··· PROVIDED MATERIAL

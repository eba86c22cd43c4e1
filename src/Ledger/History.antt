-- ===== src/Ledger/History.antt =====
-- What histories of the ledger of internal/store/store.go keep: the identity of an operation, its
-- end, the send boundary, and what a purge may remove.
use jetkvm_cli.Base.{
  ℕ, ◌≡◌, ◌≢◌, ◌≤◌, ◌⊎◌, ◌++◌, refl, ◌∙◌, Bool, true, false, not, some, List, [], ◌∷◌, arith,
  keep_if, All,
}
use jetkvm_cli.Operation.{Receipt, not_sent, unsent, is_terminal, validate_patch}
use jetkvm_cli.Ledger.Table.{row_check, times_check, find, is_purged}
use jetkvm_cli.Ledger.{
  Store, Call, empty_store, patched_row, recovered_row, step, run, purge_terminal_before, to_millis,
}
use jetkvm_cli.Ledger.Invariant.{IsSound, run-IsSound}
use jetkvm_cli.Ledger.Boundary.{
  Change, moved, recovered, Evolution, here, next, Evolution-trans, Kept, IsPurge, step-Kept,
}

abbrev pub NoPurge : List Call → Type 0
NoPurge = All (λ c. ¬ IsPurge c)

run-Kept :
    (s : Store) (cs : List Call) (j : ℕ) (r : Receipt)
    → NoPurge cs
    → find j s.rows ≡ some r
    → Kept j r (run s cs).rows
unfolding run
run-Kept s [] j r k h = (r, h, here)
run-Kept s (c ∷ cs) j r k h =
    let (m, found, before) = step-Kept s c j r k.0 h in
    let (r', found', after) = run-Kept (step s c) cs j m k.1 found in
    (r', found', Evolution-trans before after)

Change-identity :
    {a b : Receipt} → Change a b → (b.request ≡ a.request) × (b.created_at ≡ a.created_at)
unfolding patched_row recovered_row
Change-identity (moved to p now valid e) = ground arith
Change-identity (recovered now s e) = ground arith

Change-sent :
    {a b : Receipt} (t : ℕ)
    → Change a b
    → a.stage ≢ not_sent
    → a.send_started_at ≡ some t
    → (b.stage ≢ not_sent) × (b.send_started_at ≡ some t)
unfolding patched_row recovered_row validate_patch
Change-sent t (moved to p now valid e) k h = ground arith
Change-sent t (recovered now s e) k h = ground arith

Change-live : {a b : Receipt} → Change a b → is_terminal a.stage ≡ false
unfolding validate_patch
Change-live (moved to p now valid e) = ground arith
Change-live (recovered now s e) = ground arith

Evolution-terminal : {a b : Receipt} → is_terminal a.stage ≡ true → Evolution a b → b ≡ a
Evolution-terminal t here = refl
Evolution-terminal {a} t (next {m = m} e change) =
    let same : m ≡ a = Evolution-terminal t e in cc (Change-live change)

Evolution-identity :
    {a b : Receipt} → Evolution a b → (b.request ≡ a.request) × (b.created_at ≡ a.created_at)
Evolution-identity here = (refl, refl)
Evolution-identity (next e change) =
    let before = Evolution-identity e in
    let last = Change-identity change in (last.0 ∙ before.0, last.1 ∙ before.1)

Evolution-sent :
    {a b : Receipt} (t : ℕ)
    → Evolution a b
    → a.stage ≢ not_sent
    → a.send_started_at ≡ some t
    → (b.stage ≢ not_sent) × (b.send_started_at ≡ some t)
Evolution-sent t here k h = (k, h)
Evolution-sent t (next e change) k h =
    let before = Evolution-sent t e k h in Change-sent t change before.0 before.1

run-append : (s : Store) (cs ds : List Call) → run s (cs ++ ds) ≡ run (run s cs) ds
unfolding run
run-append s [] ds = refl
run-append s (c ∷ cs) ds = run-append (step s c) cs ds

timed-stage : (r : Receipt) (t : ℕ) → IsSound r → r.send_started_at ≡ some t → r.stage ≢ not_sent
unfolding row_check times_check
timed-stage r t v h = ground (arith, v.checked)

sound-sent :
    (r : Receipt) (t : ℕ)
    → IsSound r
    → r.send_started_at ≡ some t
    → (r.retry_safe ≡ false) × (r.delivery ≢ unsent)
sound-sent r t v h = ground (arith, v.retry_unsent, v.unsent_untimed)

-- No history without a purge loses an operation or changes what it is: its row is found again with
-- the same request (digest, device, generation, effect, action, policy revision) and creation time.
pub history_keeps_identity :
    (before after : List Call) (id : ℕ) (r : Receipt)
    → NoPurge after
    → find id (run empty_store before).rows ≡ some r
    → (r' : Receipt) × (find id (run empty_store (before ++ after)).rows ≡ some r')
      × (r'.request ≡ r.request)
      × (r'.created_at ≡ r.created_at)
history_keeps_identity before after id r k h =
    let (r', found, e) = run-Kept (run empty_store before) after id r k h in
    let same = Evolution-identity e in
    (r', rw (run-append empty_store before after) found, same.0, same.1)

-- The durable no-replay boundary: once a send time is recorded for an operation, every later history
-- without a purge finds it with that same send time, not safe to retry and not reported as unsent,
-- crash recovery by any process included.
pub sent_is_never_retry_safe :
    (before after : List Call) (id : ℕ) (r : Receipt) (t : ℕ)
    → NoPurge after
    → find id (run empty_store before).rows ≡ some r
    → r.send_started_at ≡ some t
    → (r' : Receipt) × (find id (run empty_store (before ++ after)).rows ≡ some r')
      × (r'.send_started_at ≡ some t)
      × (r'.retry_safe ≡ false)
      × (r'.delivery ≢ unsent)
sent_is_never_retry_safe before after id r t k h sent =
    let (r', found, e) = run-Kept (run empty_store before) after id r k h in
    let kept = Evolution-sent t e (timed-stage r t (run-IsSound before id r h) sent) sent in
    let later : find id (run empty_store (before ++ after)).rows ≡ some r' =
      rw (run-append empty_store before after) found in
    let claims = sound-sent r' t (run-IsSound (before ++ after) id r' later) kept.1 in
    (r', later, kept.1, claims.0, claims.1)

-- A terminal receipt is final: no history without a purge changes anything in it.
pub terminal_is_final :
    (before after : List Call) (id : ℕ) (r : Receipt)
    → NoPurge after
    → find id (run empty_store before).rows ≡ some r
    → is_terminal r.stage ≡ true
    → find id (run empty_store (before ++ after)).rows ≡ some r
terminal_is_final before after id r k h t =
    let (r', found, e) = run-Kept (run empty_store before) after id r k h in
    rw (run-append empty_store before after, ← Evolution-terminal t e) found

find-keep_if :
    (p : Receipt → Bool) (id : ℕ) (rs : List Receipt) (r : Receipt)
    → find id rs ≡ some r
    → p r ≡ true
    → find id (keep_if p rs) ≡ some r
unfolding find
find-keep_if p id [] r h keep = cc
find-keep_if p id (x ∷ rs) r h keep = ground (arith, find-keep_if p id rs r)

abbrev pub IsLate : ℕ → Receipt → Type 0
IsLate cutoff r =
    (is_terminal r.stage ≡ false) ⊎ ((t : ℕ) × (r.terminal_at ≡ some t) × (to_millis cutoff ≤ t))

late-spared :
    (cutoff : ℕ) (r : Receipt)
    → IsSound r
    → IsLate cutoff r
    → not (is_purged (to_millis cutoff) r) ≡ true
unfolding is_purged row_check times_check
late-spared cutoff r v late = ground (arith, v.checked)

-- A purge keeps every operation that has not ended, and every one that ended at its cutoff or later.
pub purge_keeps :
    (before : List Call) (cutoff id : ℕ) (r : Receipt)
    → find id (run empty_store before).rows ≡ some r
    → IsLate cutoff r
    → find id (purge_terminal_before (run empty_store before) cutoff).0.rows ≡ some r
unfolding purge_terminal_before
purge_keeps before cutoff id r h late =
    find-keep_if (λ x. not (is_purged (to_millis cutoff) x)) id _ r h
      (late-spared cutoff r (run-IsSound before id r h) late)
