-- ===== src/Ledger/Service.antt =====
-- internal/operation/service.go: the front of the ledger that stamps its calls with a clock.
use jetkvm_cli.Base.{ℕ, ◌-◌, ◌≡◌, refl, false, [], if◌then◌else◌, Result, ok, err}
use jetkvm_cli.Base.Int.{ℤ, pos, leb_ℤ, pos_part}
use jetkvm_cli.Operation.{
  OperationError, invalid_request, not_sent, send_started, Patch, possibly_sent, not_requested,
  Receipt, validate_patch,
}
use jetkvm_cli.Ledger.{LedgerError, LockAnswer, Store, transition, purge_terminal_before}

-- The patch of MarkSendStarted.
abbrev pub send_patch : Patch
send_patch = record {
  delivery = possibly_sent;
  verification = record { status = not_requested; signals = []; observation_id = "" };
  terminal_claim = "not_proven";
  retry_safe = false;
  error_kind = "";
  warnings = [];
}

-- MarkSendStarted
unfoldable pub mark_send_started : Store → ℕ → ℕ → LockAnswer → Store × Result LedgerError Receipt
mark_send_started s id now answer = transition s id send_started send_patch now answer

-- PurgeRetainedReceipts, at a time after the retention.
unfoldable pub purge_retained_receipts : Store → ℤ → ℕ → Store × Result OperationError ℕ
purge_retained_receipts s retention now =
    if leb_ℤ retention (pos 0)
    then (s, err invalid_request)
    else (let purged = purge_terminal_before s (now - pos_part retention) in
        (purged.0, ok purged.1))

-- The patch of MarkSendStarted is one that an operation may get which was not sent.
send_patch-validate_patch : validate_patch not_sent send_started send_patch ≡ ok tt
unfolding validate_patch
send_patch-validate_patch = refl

······
··· PROVIDED MATERIAL

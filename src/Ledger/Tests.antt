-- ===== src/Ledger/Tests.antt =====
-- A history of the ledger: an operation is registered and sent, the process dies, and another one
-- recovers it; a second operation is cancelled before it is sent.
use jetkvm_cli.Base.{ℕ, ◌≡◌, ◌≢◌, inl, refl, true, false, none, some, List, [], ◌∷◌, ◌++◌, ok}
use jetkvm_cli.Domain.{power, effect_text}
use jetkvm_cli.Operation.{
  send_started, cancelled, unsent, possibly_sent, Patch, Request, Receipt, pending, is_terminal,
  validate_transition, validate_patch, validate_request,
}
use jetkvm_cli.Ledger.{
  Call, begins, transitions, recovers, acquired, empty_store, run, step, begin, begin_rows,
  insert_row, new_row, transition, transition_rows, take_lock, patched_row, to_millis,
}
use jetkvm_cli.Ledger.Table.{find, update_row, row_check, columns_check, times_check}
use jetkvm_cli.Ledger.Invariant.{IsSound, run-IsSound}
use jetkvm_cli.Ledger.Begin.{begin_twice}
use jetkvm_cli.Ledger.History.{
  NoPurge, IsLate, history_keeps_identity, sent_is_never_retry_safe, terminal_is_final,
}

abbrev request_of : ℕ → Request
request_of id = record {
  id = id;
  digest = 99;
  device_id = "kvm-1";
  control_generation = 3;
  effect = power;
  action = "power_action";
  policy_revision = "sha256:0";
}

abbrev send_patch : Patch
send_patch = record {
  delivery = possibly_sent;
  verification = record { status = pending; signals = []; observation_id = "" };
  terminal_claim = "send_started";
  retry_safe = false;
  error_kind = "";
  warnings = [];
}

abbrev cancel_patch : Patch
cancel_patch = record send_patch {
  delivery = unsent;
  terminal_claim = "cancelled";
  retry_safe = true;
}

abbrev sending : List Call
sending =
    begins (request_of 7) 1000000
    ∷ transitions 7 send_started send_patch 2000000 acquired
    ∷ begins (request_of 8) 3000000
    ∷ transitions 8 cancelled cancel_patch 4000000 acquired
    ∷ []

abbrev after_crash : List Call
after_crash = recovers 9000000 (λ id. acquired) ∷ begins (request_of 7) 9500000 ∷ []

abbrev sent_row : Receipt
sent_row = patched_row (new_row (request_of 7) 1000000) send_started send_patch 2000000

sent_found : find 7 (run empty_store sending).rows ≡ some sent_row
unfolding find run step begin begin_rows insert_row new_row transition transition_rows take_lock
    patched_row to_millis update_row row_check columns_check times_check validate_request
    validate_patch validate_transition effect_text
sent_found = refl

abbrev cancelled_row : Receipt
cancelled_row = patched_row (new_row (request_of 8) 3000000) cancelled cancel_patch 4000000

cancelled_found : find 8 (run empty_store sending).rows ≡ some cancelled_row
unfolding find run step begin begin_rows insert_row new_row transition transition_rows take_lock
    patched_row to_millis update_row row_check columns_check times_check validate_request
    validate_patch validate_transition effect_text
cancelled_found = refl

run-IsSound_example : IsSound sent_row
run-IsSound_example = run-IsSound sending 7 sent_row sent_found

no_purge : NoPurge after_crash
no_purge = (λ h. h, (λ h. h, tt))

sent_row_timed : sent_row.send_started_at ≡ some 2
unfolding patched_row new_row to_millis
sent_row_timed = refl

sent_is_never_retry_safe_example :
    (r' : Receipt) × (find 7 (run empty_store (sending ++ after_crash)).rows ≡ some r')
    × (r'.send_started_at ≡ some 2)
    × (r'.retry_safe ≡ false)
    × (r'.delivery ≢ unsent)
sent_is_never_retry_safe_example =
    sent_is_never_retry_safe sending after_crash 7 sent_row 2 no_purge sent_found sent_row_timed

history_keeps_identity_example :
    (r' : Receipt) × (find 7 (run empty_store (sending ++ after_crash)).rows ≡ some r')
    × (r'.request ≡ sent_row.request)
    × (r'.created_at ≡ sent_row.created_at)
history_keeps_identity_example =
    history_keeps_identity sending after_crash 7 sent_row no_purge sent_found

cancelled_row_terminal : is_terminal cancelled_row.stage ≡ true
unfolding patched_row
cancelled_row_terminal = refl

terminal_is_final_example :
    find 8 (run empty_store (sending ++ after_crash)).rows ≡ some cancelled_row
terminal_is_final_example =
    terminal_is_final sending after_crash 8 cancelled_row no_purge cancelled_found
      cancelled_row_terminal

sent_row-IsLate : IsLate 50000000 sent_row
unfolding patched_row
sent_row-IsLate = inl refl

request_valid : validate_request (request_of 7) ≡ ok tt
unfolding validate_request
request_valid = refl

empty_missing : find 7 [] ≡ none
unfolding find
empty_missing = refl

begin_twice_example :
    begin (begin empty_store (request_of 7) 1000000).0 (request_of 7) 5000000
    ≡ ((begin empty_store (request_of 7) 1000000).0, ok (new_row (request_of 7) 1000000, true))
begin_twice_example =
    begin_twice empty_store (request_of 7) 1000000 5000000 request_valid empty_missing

······
··· PROVIDED MATERIAL

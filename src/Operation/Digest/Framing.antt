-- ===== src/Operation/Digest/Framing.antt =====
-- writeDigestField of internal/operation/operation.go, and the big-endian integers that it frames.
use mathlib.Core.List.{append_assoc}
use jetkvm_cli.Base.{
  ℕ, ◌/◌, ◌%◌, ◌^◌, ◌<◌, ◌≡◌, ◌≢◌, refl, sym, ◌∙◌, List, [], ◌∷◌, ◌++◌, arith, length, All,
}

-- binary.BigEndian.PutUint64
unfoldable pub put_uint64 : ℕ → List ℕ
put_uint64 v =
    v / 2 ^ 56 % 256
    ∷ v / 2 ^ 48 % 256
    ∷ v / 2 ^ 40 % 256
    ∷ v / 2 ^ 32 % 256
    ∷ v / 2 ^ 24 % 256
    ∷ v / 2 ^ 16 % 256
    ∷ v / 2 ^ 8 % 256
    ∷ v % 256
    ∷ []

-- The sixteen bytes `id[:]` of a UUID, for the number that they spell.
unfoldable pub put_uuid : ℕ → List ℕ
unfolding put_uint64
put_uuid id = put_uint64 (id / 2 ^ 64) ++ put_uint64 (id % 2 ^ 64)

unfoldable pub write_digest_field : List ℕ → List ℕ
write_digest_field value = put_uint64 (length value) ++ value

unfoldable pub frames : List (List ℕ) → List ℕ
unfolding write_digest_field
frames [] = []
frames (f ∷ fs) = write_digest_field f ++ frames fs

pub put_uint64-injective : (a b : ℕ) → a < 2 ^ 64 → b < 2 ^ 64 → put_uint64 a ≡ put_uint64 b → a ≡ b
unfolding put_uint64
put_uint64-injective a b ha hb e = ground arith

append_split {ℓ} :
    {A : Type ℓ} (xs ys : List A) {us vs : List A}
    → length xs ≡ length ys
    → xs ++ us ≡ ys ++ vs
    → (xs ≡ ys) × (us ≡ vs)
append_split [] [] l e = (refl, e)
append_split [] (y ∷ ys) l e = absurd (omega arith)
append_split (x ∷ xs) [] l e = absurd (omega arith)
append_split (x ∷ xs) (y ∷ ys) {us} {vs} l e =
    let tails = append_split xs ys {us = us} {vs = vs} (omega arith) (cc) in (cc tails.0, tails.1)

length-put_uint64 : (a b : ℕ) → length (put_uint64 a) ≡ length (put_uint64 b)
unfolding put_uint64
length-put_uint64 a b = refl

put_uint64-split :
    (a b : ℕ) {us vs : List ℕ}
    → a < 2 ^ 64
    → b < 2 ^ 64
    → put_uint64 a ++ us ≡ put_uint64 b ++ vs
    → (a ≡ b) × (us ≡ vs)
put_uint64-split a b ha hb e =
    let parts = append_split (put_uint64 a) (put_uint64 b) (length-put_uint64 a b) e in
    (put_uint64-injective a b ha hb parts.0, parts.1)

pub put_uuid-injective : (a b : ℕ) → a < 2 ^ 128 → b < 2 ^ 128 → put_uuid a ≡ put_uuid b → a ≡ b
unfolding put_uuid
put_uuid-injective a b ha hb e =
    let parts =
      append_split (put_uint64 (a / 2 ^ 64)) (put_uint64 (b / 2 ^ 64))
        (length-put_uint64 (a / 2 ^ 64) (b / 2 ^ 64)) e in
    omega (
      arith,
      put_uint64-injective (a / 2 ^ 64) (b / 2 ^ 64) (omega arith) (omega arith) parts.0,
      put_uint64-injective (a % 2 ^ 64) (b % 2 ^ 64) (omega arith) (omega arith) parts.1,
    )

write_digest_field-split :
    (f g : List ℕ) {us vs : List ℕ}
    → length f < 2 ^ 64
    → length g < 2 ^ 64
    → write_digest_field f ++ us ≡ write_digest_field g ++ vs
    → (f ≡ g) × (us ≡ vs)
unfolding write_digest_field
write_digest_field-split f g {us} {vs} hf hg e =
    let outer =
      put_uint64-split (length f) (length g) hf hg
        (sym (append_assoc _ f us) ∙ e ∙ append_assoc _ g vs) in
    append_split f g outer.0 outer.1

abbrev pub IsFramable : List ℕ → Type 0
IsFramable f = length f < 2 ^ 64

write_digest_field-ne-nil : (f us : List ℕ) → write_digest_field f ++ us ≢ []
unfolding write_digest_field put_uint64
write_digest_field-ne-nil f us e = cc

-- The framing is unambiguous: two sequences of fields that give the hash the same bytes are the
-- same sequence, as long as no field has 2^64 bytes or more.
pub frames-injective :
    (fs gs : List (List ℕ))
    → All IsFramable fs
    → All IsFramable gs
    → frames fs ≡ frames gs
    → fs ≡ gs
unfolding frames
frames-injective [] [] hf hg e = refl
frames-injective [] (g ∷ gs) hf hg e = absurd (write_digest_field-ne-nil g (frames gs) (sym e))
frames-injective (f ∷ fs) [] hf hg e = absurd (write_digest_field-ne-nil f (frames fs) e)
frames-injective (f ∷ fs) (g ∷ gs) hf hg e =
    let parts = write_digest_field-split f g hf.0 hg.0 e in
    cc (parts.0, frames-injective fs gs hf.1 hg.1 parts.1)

······

▶ [PROBLEM DESCRIPTION]:
Using the data above, transcribe the lines that run from the line with "repository eba86c22cd43c4e1" to the line with "let (m, found, before)", both ends kept, and output nothing else.

▶ [OUTPUT FOR THIS TASK]:
repository eba86c22cd43c4e1
filename src/Ledger/History.antt
-- ===== src/Ledger/History.antt =====
-- What histories of the ledger of internal/store/store.go keep: the identity of an operation, its
-- end, the send boundary, and what a purge may remove.
use jetkvm_cli.Base.{
  ℕ, ◌≡◌, ◌≢◌, ◌≤◌, ◌⊎◌, ◌++◌, refl, ◌∙◌, Bool, true, false, not, some, List, [], ◌∷◌, arith,
  keep_if, All,
}
use jetkvm_cli.Operation.{Receipt, not_sent, unsent, is_terminal, validate_patch}
use jetkvm_cli.Ledger.Table.{row_check, times_check, find, is_purged}
use jetkvm_cli.Ledger.{
  Store, Call, empty_store, patched_row, recovered_row, step, run, purge_terminal_before, to_millis,
}
use jetkvm_cli.Ledger.Invariant.{IsSound, run-IsSound}
use jetkvm_cli.Ledger.Boundary.{
  Change, moved, recovered, Evolution, here, next, Evolution-trans, Kept, IsPurge, step-Kept,
}

abbrev pub NoPurge : List Call → Type 0
NoPurge = All (λ c. ¬ IsPurge c)

run-Kept :
    (s : Store) (cs : List Call) (j : ℕ) (r : Receipt)
    → NoPurge cs
    → find j s.rows ≡ some r
    → Kept j r (run s cs).rows
unfolding run
run-Kept s [] j r k h = (r, h, here)
run-Kept s (c ∷ cs) j r k h =
    let (m, found, before) = step-Kept s c j r k.0 h in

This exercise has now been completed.